Certainly no one was sort of expecting Wild Life. The album was a critical disaster and “only” went Gold (Paul’s previous two efforts went Double Platinum each). Instead of another quantum step up from the previous album (ala Ram), Wild Life seemed to be a bit of a repeat of 1970’s McCartney. A silly one-off with studio doodlings and nothing of any real substance. People wondered if Paul’s new “band” were little more than his backing musicians (which they were, for now). In any case, the first Wings album did not amount to much in terms of sales, critical analysis, or public acceptance. People wondered if Paul was indeed creatively bankrupt, or in the need of a little help from his “friends”.
In my opinion,Wild Life is nowhere near as bad (or inconsequential) as made out to be. It’s actually, on its own, a decent album. It’s not as good as Ram, and it does get a bit throwaway, trifling, and just plain weird, but taken on its own it has its charms and, while no masterpiece by any means, is an enjoyable one at times. I can imagine, though, that McCartney fans in late 1971 were starting to get a wee bit fed up.
You almost have to respect (on some level) any album that starts out with “Mumbo” and “Bip Bop”. “Mumbo” sounds like an outtake, as its literally Paul screaming nonsensically (and somewhat gratingly) over the verses and “WHOOOOO!!!”‘ing through the chorus before going back into authentic frontier gibberish. I have no idea what to make of this song. But I like it. McCartney’s basically scatting (heh) through the song but he makes it rock. Somehow. “Bip Bop” is another “either you kinda like it or you really hate it tune”. Here a little slide guitar and echoey vocals guide the listener through a nonsensical bluesy folk number, and if your toe isn’t tapping throughout the entirety of it, I’d be highly surprised. Then again after about a minute or so of this repetitive piffle I can see many skipping past it. I’m not gonna say it’s a great song, but I like it as an offbeat, charming sort of tune.

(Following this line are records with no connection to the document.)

-- ===== src/Raft/Steps.antt =====
-- trading/src/consensus/raft.rs: every way in which a node changes, as one step relation, so that
-- an invariant holds after any sequence of messages, timers and commands.
use actix_pura.Prelude.{ℕ, suc, ◌<◌, ◌≡◌, String, List, some, u64_mod}
use actix_pura.Raft.Types.{RaftRequest, RaftResponse, RaftNode, StateMachine, Outside}
use actix_pura.Raft.Log.{last_index}
use actix_pura.Raft.Rpc.{handle_request}
use actix_pura.Raft.Actor.{with_cluster_manager, started, handle_cluster_message}
use actix_pura.Raft.Leader.{
  add_cluster_node, set_cluster_nodes, election_due, become_leader, handle_client_command,
  handle_append_entries_response,
}

-- The term and the indices are below the largest `u64` before a step adds one to them.
pub data Step {C S : Type 0} (m : StateMachine C S) : RaftNode C S → RaftNode C S → Type 0 where
  request : {n : RaftNode C S} (now : ℕ) (r : RaftRequest C) → Step m n (handle_request now r n).1
  response :
      {n : RaftNode C S} (i : String) (r : RaftResponse)
      → Step m n (handle_append_entries_response m i r n).0
  command :
      {n : RaftNode C S} (c : C)
      → suc (last_index n.log) < u64_mod
      → Step m n (handle_client_command m c n).1
  timer :
      {n : RaftNode C S} (o : Outside)
      → suc n.current_term < u64_mod
      → Step m n (election_due o n).0
  elected : {n : RaftNode C S} (o : Outside) → Step m n (become_leader o n).0
  join : {n k : RaftNode C S} (i : String) → add_cluster_node i n ≡ some k → Step m n k
  attach : {n : RaftNode C S} → Step m n (with_cluster_manager n)
  start : {n : RaftNode C S} (o : Outside) → Step m n (started o n).0
  notice :
      {n : RaftNode C S} (now : ℕ) (message_type : String)
      → Step m n (handle_cluster_message now message_type n)
  configure : {n : RaftNode C S} (l : List String) → Step m n (set_cluster_nodes l n)

pub data Reach {C S : Type 0} (m : StateMachine C S) (n : RaftNode C S)
    : RaftNode C S → Type 0 where
  here : Reach m n n
  next : {k l : RaftNode C S} → Reach m n k → Step m k l → Reach m n l
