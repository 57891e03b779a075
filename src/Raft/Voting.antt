-- ===== src/Raft/Voting.antt =====
-- trading/src/consensus/raft.rs: terms never fall, and a node has one vote in a term.
use actix_pura.Prelude.{
  String-discrete, if_pos, if_neg, ℕ, suc, ◌≤◌, ◌<◌, ◌≡◌, refl, ◌∙◌, String, some, List, [], ◌∷◌,
  true, arith, ltb, u64_mod, if_both, is_empty, Bool, false, Bool-cases, inl, inr,
}
use actix_pura.Raft.Types.{
  RaftNode, RaftRequest, RaftResponse, LogEntry, is_leader, StateMachine, Outside, request_vote,
  append_entries, install_snapshot, vote_response, append_response, snapshot_response,
}
use actix_pura.Raft.Rpc.{
  step_down, advance_commit, accept_entries, heard_from, handle_append_entries, handle_request_vote,
  handle_request,
}
use actix_pura.Raft.Actor.{with_cluster_manager, started, handle_cluster_message}
use actix_pura.Raft.Leader.{
  add_cluster_node, init_replication, set_cluster_nodes, election_due, become_leader,
  handle_client_command, append_command, handle_append_entries_response, start_election,
  reset_election_timeout, apply_committed_entries, try_commit, commit_loop, handle_answer,
}
use actix_pura.Raft.Steps.{
  attach, start, notice, Step, request, response, command, timer, elected, join, configure, Reach,
  here, next,
}
use actix_pura.Raft.Applying.{apply-Untouched}

-- The term has not fallen, and in the same term a vote that was given stands.
pub record KeepsVote {C S : Type 0} (n k : RaftNode C S) : Type 0 where
  pub term : n.current_term ≤ k.current_term
  pub vote :
      (c : String) → n.current_term ≡ k.current_term → n.voted_for ≡ some c → k.voted_for ≡ some c

module _ {C S : Type 0} where
  KeepsVote-refl : (n : RaftNode C S) → KeepsVote n n
  KeepsVote-refl n = record { term = omega arith; vote = λ c e v. v }

  KeepsVote-trans : (n k l : RaftNode C S) → KeepsVote n k → KeepsVote k l → KeepsVote n l
  KeepsVote-trans n k l a b = record {
    term = omega (arith, a.term, b.term);
    vote = λ c e v.
        b.vote c (omega (arith, a.term, b.term)) (a.vote c (omega (arith, a.term, b.term)) v);
  }

  -- A node with the same term and vote.
  KeepsVote-of_eq :
      (n k : RaftNode C S)
      → k.current_term ≡ n.current_term
      → k.voted_for ≡ n.voted_for
      → KeepsVote n k
  KeepsVote-of_eq n k t v = record { term = omega arith; vote = λ c e h. v ∙ h }

  step_down-KeepsVote : (t : ℕ) (n : RaftNode C S) → KeepsVote n (step_down t n)
  unfolding step_down
  step_down-KeepsVote t n = record { term = ground arith; vote = λ c e h. ground arith }

  accept-KeepsVote :
      (l : String) (now p : ℕ) (es : List (LogEntry C)) (c : ℕ) (n : RaftNode C S)
      → KeepsVote n (accept_entries p es c (heard_from l now n)).1
  unfolding accept_entries advance_commit heard_from
  accept-KeepsVote l now p es c n = KeepsVote-of_eq n _ (ground arith) (ground arith)

  heard-KeepsVote : (l : String) (now : ℕ) (n : RaftNode C S) → KeepsVote n (heard_from l now n)
  unfolding heard_from
  heard-KeepsVote l now n = KeepsVote-of_eq n _ refl refl

  append-KeepsVote :
      (now t : ℕ) (l : String) (i p : ℕ) (es : List (LogEntry C)) (c : ℕ) (n : RaftNode C S)
      → KeepsVote n (handle_append_entries now (append_entries t l i p es c) n).1
  unfolding handle_append_entries
  append-KeepsVote now t l i p es c n =
      if_both (λ (r : RaftResponse × RaftNode C S). KeepsVote n r.1) (ltb t n.current_term)
        (KeepsVote-refl n)
        (if_both (λ (r : RaftResponse × RaftNode C S). KeepsVote n r.1) _
          (KeepsVote-trans n (step_down t n) _ (step_down-KeepsVote t n)
            (accept-KeepsVote l now i es c (step_down t n)))
          (KeepsVote-trans n (step_down t n) _ (step_down-KeepsVote t n)
            (heard-KeepsVote l now (step_down t n))))

  vote-KeepsVote :
      (now t : ℕ) (c : String) (i p : ℕ) (n : RaftNode C S)
      → KeepsVote n (handle_request_vote now (request_vote t c i p) n).1
  unfolding handle_request_vote step_down
  vote-KeepsVote now t c i p n = record { term = ground arith; vote = λ w e h. ground arith }

  request-KeepsVote :
      (now : ℕ) (r : RaftRequest C) (n : RaftNode C S) → KeepsVote n (handle_request now r n).1
  unfolding handle_request
  request-KeepsVote now (request_vote t c i p) n = vote-KeepsVote now t c i p n
  request-KeepsVote now (append_entries t l i p es c) n = append-KeepsVote now t l i p es c n
  request-KeepsVote now (install_snapshot t l i p d) n = KeepsVote-refl n

  timer-KeepsVote :
      (o : Outside) (n : RaftNode C S)
      → suc n.current_term < u64_mod
      → KeepsVote n (election_due o n).0
  unfolding election_due start_election reset_election_timeout
  timer-KeepsVote o n h = record { term = ground arith; vote = λ w e v. ground arith }

  elected-KeepsVote : (o : Outside) (n : RaftNode C S) → KeepsVote n (become_leader o n).0
  unfolding become_leader init_replication
  elected-KeepsVote o n = KeepsVote-of_eq n _ (ground arith) (ground arith)

module _ {C S : Type 0} (m : StateMachine C S) where
  apply-KeepsVote :
      (n k : RaftNode C S)
      → k.current_term ≡ n.current_term
      → k.voted_for ≡ n.voted_for
      → KeepsVote n (apply_committed_entries m k)
  apply-KeepsVote n k t v =
      let u = apply-Untouched m k in KeepsVote-of_eq n _ (u.current_term ∙ t) (u.voted_for ∙ v)

  command-KeepsVote : (c : C) (n : RaftNode C S) → KeepsVote n (handle_client_command m c n).1
  unfolding handle_client_command append_command
  command-KeepsVote c n = elim (Bool-cases (is_leader n.state)) [
    | inr other ↦ rw other (KeepsVote-refl n)
    | inl leads ↦ elim (Bool-cases (is_empty n.cluster_nodes)) [
      | inl alone ↦ rw (leads, alone) (apply-KeepsVote n _ refl refl)
      | inr more ↦ rw (leads, more) (KeepsVote-of_eq n _ refl refl)
    ]
  ]

  try_commit-KeepsVote : (e : LogEntry C) (n : RaftNode C S) → KeepsVote n (try_commit m e n)
  unfolding try_commit
  try_commit-KeepsVote e n =
      if_both (KeepsVote n) _
        (if_both (KeepsVote n) _ (apply-KeepsVote n _ refl refl) (KeepsVote-refl n))
        (KeepsVote-refl n)

  commit_loop-KeepsVote :
      (l : List (LogEntry C)) (n : RaftNode C S) → KeepsVote n (commit_loop m l n)
  unfolding commit_loop
  commit_loop-KeepsVote [] n = KeepsVote-refl n
  commit_loop-KeepsVote (e ∷ l) n =
      KeepsVote-trans n (try_commit m e n) _ (try_commit-KeepsVote e n)
        (commit_loop-KeepsVote l (try_commit m e n))

  answer-KeepsVote :
      (i : String) (ok : Bool) (matched : ℕ) (n : RaftNode C S)
      → KeepsVote n (handle_answer m i ok matched n).0
  unfolding handle_answer
  answer-KeepsVote i true matched n =
      KeepsVote-trans n _ _ (KeepsVote-of_eq n _ refl refl) (commit_loop-KeepsVote n.log _)
  answer-KeepsVote i false matched n = KeepsVote-of_eq n _ (ground arith) (ground arith)

  response-KeepsVote :
      (i : String) (r : RaftResponse) (n : RaftNode C S)
      → KeepsVote n (handle_append_entries_response m i r n).0
  unfolding handle_append_entries_response
  response-KeepsVote i (vote_response t g) n = KeepsVote-refl n
  response-KeepsVote i (snapshot_response t g) n = KeepsVote-refl n
  response-KeepsVote i (append_response t ok matched) n = elim (Bool-cases (ltb n.current_term t)) [
    | inl newer ↦ rw newer (record { term = ground arith; vote = λ w e v. ground arith })
    | inr same ↦ rw same (answer-KeepsVote i ok matched n)
  ]

  join-KeepsVote : (i : String) (n k : RaftNode C S) → add_cluster_node i n ≡ some k → KeepsVote n k
  unfolding add_cluster_node
  join-KeepsVote i n k h = KeepsVote-of_eq n k (ground arith) (ground arith)

  configure-KeepsVote : (l : List String) (n : RaftNode C S) → KeepsVote n (set_cluster_nodes l n)
  unfolding set_cluster_nodes
  configure-KeepsVote l n = KeepsVote-of_eq n _ (ground arith) (ground arith)

  attach-KeepsVote : (n : RaftNode C S) → KeepsVote n (with_cluster_manager n)
  unfolding with_cluster_manager
  attach-KeepsVote n = record { term = omega arith; vote = λ c e v. v }

  started-KeepsVote : (o : Outside) (n : RaftNode C S) → KeepsVote n (started o n).0
  unfolding started reset_election_timeout
  started-KeepsVote o n = record { term = omega arith; vote = λ c e v. v }

  notice-KeepsVote :
      (now : ℕ) (t : String) (n : RaftNode C S) → KeepsVote n (handle_cluster_message now t n)
  unfolding handle_cluster_message
  notice-KeepsVote now t n = elim (String-discrete t "raft.append_entries") [
    | yes p ↦ rw (if_pos _ p) (record { term = omega arith; vote = λ c e v. v })
    | no p ↦ rw (if_neg _ p) (KeepsVote-refl n)
  ]

  Step-KeepsVote : {n k : RaftNode C S} → Step m n k → KeepsVote n k
  Step-KeepsVote {n} (request now r) = request-KeepsVote now r n
  Step-KeepsVote {n} (response i r) = response-KeepsVote i r n
  Step-KeepsVote {n} (command c h) = command-KeepsVote c n
  Step-KeepsVote {n} (timer o h) = timer-KeepsVote o n h
  Step-KeepsVote {n} (elected o) = elected-KeepsVote o n
  Step-KeepsVote {n} {k} (join i e) = join-KeepsVote i n k e
  Step-KeepsVote {n} attach = attach-KeepsVote n
  Step-KeepsVote {n} (start o) = started-KeepsVote o n
  Step-KeepsVote {n} (notice now t) = notice-KeepsVote now t n
  Step-KeepsVote {n} (configure l) = configure-KeepsVote l n

  -- Whatever messages, timers and commands a node handles, its term does not fall, and as long as
  -- the term is the same a vote that it has given stands.
  pub Reach-KeepsVote : {n k : RaftNode C S} → Reach m n k → KeepsVote n k
  Reach-KeepsVote {n} here = KeepsVote-refl n
  Reach-KeepsVote {n} (next {k = k} {l = l} r s) =
      KeepsVote-trans n k l (Reach-KeepsVote r) (Step-KeepsVote s)

  granted_vote :
      (now t : ℕ) (c : String) (i p v : ℕ) (n k : RaftNode C S)
      → handle_request_vote now (request_vote t c i p) n ≡ (vote_response v true, k)
      → (v ≡ k.current_term) × (k.voted_for ≡ some c) × (n.current_term ≤ v)
  unfolding handle_request_vote step_down
  granted_vote now t c i p v n k h = ground arith

  granted_for :
      (now t : ℕ) (c d : String) (i p v : ℕ) (n k : RaftNode C S)
      → handle_request_vote now (request_vote t c i p) n ≡ (vote_response v true, k)
      → n.current_term ≡ v
      → n.voted_for ≡ some d
      → d ≡ c
  unfolding handle_request_vote step_down
  granted_for now t c d i p v n k h e g = ground arith

  -- A node that grants its vote twice in one term, with any sequence of messages, timers, commands
  -- and configurations in between, grants it to the same candidate, provided that no timer fires
  -- while its term is 2^64 - 1 and no command comes while the last index of its log is 2^64 - 1.
  pub one_vote_per_term :
      (now later t u v i p j q : ℕ) (c d : String) (n k l z : RaftNode C S)
      → handle_request_vote now (request_vote t c i p) n ≡ (vote_response v true, k)
      → Reach m k l
      → handle_request_vote later (request_vote u d j q) l ≡ (vote_response v true, z)
      → c ≡ d
  one_vote_per_term now later t u v i p j q c d n k l z first between second =
      let (at_k, voted, _) = granted_vote now t c i p v n k first in
      let (_, _, upper) = granted_vote later u d j q v l z second in
      let kept = Reach-KeepsVote between in
      let same : k.current_term ≡ l.current_term = omega (arith, kept.term) in
      granted_for later u d c j q v l z second (omega arith) (kept.vote c same voted)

McCartney’s first solo cover tune came next with “Love Is Strange”, a reggae-influenced reworking of the 1950s Mickey & Sylvia song. This is, simply put, a great arrangement and a great cover. My only complaint would be that the drumwork is a bit too busy, but other than that nitpick this is a highlight of the album. That song’s perky, upbeat charms are quickly disippated by the slower, minor-key, 3/4 beat of the title track. “Wild Life” is a dark, critical tune, albeit a surface-level one, decrying the state of humanity or some such nonsense. This is an OK track. It’s somewhere above filler and below really good. Not essential, but memorable. It probably goes on for a minute and a half longer than it needs to.

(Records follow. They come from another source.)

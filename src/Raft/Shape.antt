-- ===== src/Raft/Shape.antt =====
-- trading/src/consensus/raft.rs: the order of the log is an invariant of every step.
use actix_pura.Prelude.{
  ℕ, suc, ◌+◌, ◌<◌, ◌≡◌, ◌⊎◌, refl, ◌∙◌, String, Bool, true, false, List, [], ◌∷◌, ◌++◌, arith,
  u64_mod, inl, inr, some,
}
use actix_pura.Raft.Types.{
  LogEntry, RaftNode, RaftRequest, RaftResponse, StateMachine, Outside, request_vote,
  append_entries, install_snapshot, vote_response, append_response, snapshot_response,
}
use actix_pura.Raft.Log.{last_index, next_log_index, merge_entries}
use actix_pura.Raft.Rpc.{
  step_down, advance_commit, accept_entries, heard_from, handle_append_entries, handle_request_vote,
  handle_request,
}
use actix_pura.Raft.Actor.{with_cluster_manager, started, handle_cluster_message}
use actix_pura.Raft.Leader.{
  add_cluster_node, set_cluster_nodes, election_due, become_leader, handle_client_command,
  handle_append_entries_response, start_election, reset_election_timeout, try_commit, commit_loop,
  handle_answer, command_entry, append_command, init_replication,
}
use actix_pura.Raft.Steps.{
  attach, start, notice, Step, request, response, command, timer, elected, join, configure, Reach,
  here, next,
}
use actix_pura.Raft.Applying.{apply-Untouched}
use actix_pura.Raft.Ordered.{IsAscending, merge-IsAscending, snoc-IsAscending}

next_log_index_lem :
    {C : Type 0} (l : List (LogEntry C))
    → suc (last_index l) < u64_mod
    → next_log_index l ≡ last_index l + 1
next_log_index_lem [] h = omega arith
next_log_index_lem (e ∷ []) h = omega arith
next_log_index_lem (e ∷ x ∷ l) h = next_log_index_lem (x ∷ l) h

module _ {C S : Type 0} where
  step_down_log : (t : ℕ) (n : RaftNode C S) → (step_down t n).log ≡ n.log
  unfolding step_down
  step_down_log t n = ground arith

  append_log :
      (now t : ℕ) (l : String) (p pt : ℕ) (es : List (LogEntry C)) (c : ℕ) (n : RaftNode C S)
      → let k = (handle_append_entries now (append_entries t l p pt es c) n).1 in
        (k.log ≡ n.log) ⊎ (k.log ≡ (merge_entries p es n.log).0)
  unfolding handle_append_entries accept_entries advance_commit heard_from
  append_log now t l p pt es c n = ground (arith, step_down_log t n)

  vote_log :
      (now t : ℕ) (d : String) (i p : ℕ) (n : RaftNode C S)
      → (handle_request_vote now (request_vote t d i p) n).1.log ≡ n.log
  unfolding handle_request_vote
  vote_log now t d i p n = ground (arith, step_down_log t n)

  -- A request from another node, whatever its entries are, leaves the log in ascending order.
  pub request-IsAscending :
      (now : ℕ) (r : RaftRequest C) (n : RaftNode C S)
      → IsAscending n.log
      → IsAscending (handle_request now r n).1.log
  unfolding handle_request
  request-IsAscending now (request_vote t c i p) n a = rw (vote_log now t c i p n) a
  request-IsAscending now (install_snapshot t l i p d) n a = a
  request-IsAscending now (append_entries t l p pt es c) n a =
      elim (append_log now t l p pt es c n) [
        | inl same ↦ rw same a
        | inr merged ↦ rw merged (merge-IsAscending p es n.log a)
      ]

  timer_log : (o : Outside) (n : RaftNode C S) → (election_due o n).0.log ≡ n.log
  unfolding election_due start_election reset_election_timeout
  timer_log o n = ground arith

  elected_log : (o : Outside) (n : RaftNode C S) → (become_leader o n).0.log ≡ n.log
  unfolding become_leader init_replication
  elected_log o n = ground arith

module _ {C S : Type 0} (m : StateMachine C S) where
  command_log :
      (c : C) (n : RaftNode C S)
      → ((handle_client_command m c n).1.log ≡ n.log)
        ⊎ ((handle_client_command m c n).1.log ≡ n.log ++ command_entry c n ∷ [])
  unfolding handle_client_command append_command
  command_log c n =
      let k = record (append_command c n) { commit_index = next_log_index n.log } in
      ground (arith, (apply-Untouched m k).log)

  command-IsAscending :
      (c : C) (n : RaftNode C S)
      → suc (last_index n.log) < u64_mod
      → IsAscending n.log
      → IsAscending (handle_client_command m c n).1.log
  command-IsAscending c n h a = elim (command_log c n) [
    | inl same ↦ rw same a
    | inr longer ↦
        rw longer
          (snoc-IsAscending (command_entry c n) n.log a (omega (arith, next_log_index_lem n.log h)))
  ]

  try_commit_log : (e : LogEntry C) (n : RaftNode C S) → (try_commit m e n).log ≡ n.log
  unfolding try_commit
  try_commit_log e n = ground (arith, (apply-Untouched m (record n { commit_index = e.index })).log)

  commit_loop_log : (l : List (LogEntry C)) (n : RaftNode C S) → (commit_loop m l n).log ≡ n.log
  unfolding commit_loop
  commit_loop_log [] n = refl
  commit_loop_log (e ∷ l) n = commit_loop_log l (try_commit m e n) ∙ try_commit_log e n

  answer_log :
      (i : String) (ok : Bool) (matched : ℕ) (n : RaftNode C S)
      → (handle_answer m i ok matched n).0.log ≡ n.log
  unfolding handle_answer
  answer_log i true matched n = commit_loop_log n.log _
  answer_log i false matched n = ground arith

  response_log :
      (i : String) (r : RaftResponse) (n : RaftNode C S)
      → (handle_append_entries_response m i r n).0.log ≡ n.log
  unfolding handle_append_entries_response
  response_log i (append_response t ok matched) n = ground (arith, answer_log i ok matched n)
  response_log i (vote_response t g) n = refl
  response_log i (snapshot_response t g) n = refl

  join_log : (i : String) (n k : RaftNode C S) → add_cluster_node i n ≡ some k → k.log ≡ n.log
  unfolding add_cluster_node
  join_log i n k h = ground arith

  configure_log : (l : List String) (n : RaftNode C S) → (set_cluster_nodes l n).log ≡ n.log
  unfolding set_cluster_nodes
  configure_log l n = ground arith

  attach_log : (n : RaftNode C S) → (with_cluster_manager n).log ≡ n.log
  unfolding with_cluster_manager
  attach_log n = refl

  started_log : (o : Outside) (n : RaftNode C S) → (started o n).0.log ≡ n.log
  unfolding started reset_election_timeout
  started_log o n = refl

  notice_log :
      (now : ℕ) (t : String) (n : RaftNode C S) → (handle_cluster_message now t n).log ≡ n.log
  unfolding handle_cluster_message
  notice_log now t n = ground arith

  Step-IsAscending : {n k : RaftNode C S} → Step m n k → IsAscending n.log → IsAscending k.log
  Step-IsAscending {n} (request now r) a = request-IsAscending now r n a
  Step-IsAscending {n} (response i r) a = rw (response_log i r n) a
  Step-IsAscending {n} (command c h) a = command-IsAscending c n h a
  Step-IsAscending {n} (timer o h) a = rw (timer_log o n) a
  Step-IsAscending {n} (elected o) a = rw (elected_log o n) a
  Step-IsAscending {n} {k} (join i e) a = rw (join_log i n k e) a
  Step-IsAscending {n} attach a = rw (attach_log n) a
  Step-IsAscending {n} (start o) a = rw (started_log o n) a
  Step-IsAscending {n} (notice now t) a = rw (notice_log now t n) a
  Step-IsAscending {n} (configure l) a = rw (configure_log l n) a

  -- From a log in strictly ascending order no sequence of messages (with any entries), timers,
  -- commands and configurations leads to a log that has an index twice or out of order, provided
  -- that no timer fires while the term is 2^64 - 1 and no command comes while the last index of the
  -- log is 2^64 - 1.
  pub Reach-IsAscending : {n k : RaftNode C S} → IsAscending n.log → Reach m n k → IsAscending k.log
  Reach-IsAscending a here = a
  Reach-IsAscending a (next r s) = Step-IsAscending s (Reach-IsAscending a r)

“Some People Never Know” is an acoustic shuffler, with a gentle rhythm as reflective as its lyrics. A likable tune, it really builds over its running time effectively. I think it’s one of McCartney’s forgotten gems. Unfortunately, the joys of that track are kinda obliterated by “I Am Your Singer”. It’s not the back and forth vocals between Paul and Linda that destroy it — Linda’s mediocre warbling doesn’t help one iota — but the song is incessantly maudlin in lyrics to the point of diabetic shock, and the blatant lack of musicality (even in its simplicity) is brutal.

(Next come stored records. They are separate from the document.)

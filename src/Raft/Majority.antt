-- ===== src/Raft/Majority.antt =====
-- trading/src/consensus/raft.rs: when the leader keeps what it knows of the nodes of its cluster only, it
-- commits what more than half of them hold.
use mathlib.Core.List.{Memᴰ}
use actix_pura.Prelude.{
  ℕ, ◌+◌, ◌*◌, ◌≤◌, ◌<◌, ◌≡◌, ◌⊎◌, refl, ap, ◌∙◌, String, Option, none, some, true, List, [], ◌∷◌,
  arith, leb, inl, inr, length, if◌then◌else◌, String-discrete, if_pos, if_neg, add64,
}
use actix_pura.Prelude.Dict.{lookup, insert, lookup-insert_other}
use actix_pura.Raft.Types.{LogEntry, RaftNode, StateMachine, append_response}
use actix_pura.Raft.Leader.{count_from, handle_append_entries_response}
use actix_pura.Raft.Commit.{same, moved, response-Commits}

-- One, if the node is known to hold the log up to `i`.
abbrev pub holds : ℕ → Option ℕ → ℕ
holds i none = 0
holds i (some m) = if leb i m then 1 else 0

-- How many of the nodes are known to hold the log up to `i`.
unfoldable pub holders : ℕ → List String → List (String × ℕ) → ℕ
holders i [] d = 0
holders i (j ∷ l) d = holds i (lookup j d) + holders i l d

-- Each entry is of another one of the nodes.
abbrev pub Knows : List String → List (String × ℕ) → Type 0
Knows l [] = Unit
Knows l ((k, m) ∷ d) = Memᴰ k l × (lookup k d ≡ none) × Knows l d

-- With the leader itself, more than half of the cluster's nodes are known to hold the log up to `i`.
abbrev pub MostHold : {C S : Type 0} → ℕ → RaftNode C S → Type 0
MostHold i n = length n.cluster_nodes + 1 < (holders i n.cluster_nodes n.match_index + 1) * 2

holders_more :
    (i : ℕ) (k : String) (m : ℕ) (l : List String) (d : List (String × ℕ))
    → lookup k d ≡ none
    → holders i l d ≤ holders i l ((k, m) ∷ d)
unfolding holders lookup
holders_more i k m [] d new = omega arith
holders_more i k m (j ∷ l) d new = elim (String-discrete k j) [
  | yes p ↦ ground (arith, p, new, holders_more i k m l d new)
  | no p ↦ ground (arith, p, holders_more i k m l d new)
]

holders_counted :
    (i : ℕ) (k : String) (m : ℕ) (l : List String) (d : List (String × ℕ))
    → lookup k d ≡ none
    → Memᴰ k l
    → holds i (some m) + holders i l d ≤ holders i l ((k, m) ∷ d)
unfolding holders lookup
holders_counted i k m [] d new there = elim there [ ]
holders_counted i k m (j ∷ l) d new (Memᴰ.head e) = elim (String-discrete k j) [
  | yes p ↦ ground (arith, p, new, holders_more i k m l d new)
  | no p ↦ absurd (ground (arith, p, e))
]
holders_counted i k m (j ∷ l) d new (Memᴰ.tail t) = elim (String-discrete k j) [
  | yes p ↦ ground (arith, p, new, holders_more i k m l d new)
  | no p ↦ ground (arith, p, holders_counted i k m l d new t)
]

count_from-le-holders :
    (i : ℕ) (l : List String) (d : List (String × ℕ)) → Knows l d → count_from i d ≤ holders i l d
unfolding count_from
count_from-le-holders i l [] h = omega arith
count_from-le-holders i l ((k, m) ∷ d) (there, new, h) =
    omega (arith, holders_counted i k m l d new there, count_from-le-holders i l d h)

Knows-insert :
    (j : String) (v : ℕ) (l : List String) (d : List (String × ℕ))
    → Memᴰ j l
    → Knows l d
    → Knows l (insert j v d)
unfolding insert lookup
Knows-insert j v l [] there h = (there, refl, tt)
Knows-insert j v l ((k, m) ∷ d) there (of_k, new, h) = elim (String-discrete j k) [
  | yes p ↦ rw (if_pos (String-discrete j k) p _ _) (there, ap (λ x. lookup x d) p ∙ new, h)
  | no p ↦
      rw (if_neg (String-discrete j k) p _ _)
        (of_k, lookup-insert_other j k v d p ∙ new, Knows-insert j v l d there h)
]

module _ {C S : Type 0} (m : StateMachine C S) where
  -- When a node of the cluster answers, in no later term, that it holds the log up to some index,
  -- and the leader keeps a match index of other nodes of the cluster only, one for each, then its
  -- commit index stands, or moves up to an entry of its log that is of its own term and that more
  -- than half of the cluster's nodes, the leader among them, are known to hold, the new answer
  -- counted.
  pub response_commits_held :
      (i : String) (t matched : ℕ) (n : RaftNode C S)
      → t ≤ n.current_term
      → Memᴰ i n.cluster_nodes
      → Knows n.cluster_nodes n.match_index
      → (let n' = record n {
        match_index = insert i matched n.match_index;
        next_index = insert i (add64 matched 1) n.next_index;
      } in
          let k = (handle_append_entries_response m i (append_response t true matched) n).0 in
          (k.commit_index ≡ n.commit_index)
          ⊎ ((e : LogEntry C) × Memᴰ e n.log
              × (e.term ≡ n.current_term)
              × (n.commit_index < e.index)
              × (k.commit_index ≡ e.index)
              × MostHold e.index n'))
  response_commits_held i t matched n h there knows = elim (response-Commits m i t matched n h) [
    | same s ↦ inl s
    | moved e at term above here most ↦ inr (
      e,
      at,
      term,
      above,
      here,
      omega (
        arith,
        most,
        count_from-le-holders e.index n.cluster_nodes (insert i matched n.match_index)
            (Knows-insert i matched n.cluster_nodes n.match_index there knows),
      ),
    )
  ]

Hidden track puzzlers emerge with “Bip Bop Link”, which is just under a minute of 12-string guitar wankery. OK, adds a touch of character to the album. Nothing much else to see here. Unfortunately the same applies to “Tomorrow”, which is another mediocre-at-best folky/rocky thing that is pretty much the definition of “forgettable”. Not so much that it’s a bad song, it just feels generic, workmanlike, a pinpoint exercise in blatant ho-hummery.
Not recorded during the Wild Life sessions but during Ram sometime in February/March of 1971, and included on this album, is “Dear Friend”, Paul’s attempt at some kind of reconciliation with John Lennon. It’s a powerful and honest song given the time and context of its creation, and perhaps at no point in his solo career thus far has Paul sounded so much like a genuine artist (with the exception of “Maybe I’m Amazed”). Maybe that’s why it sounds like such an odd fit for this album.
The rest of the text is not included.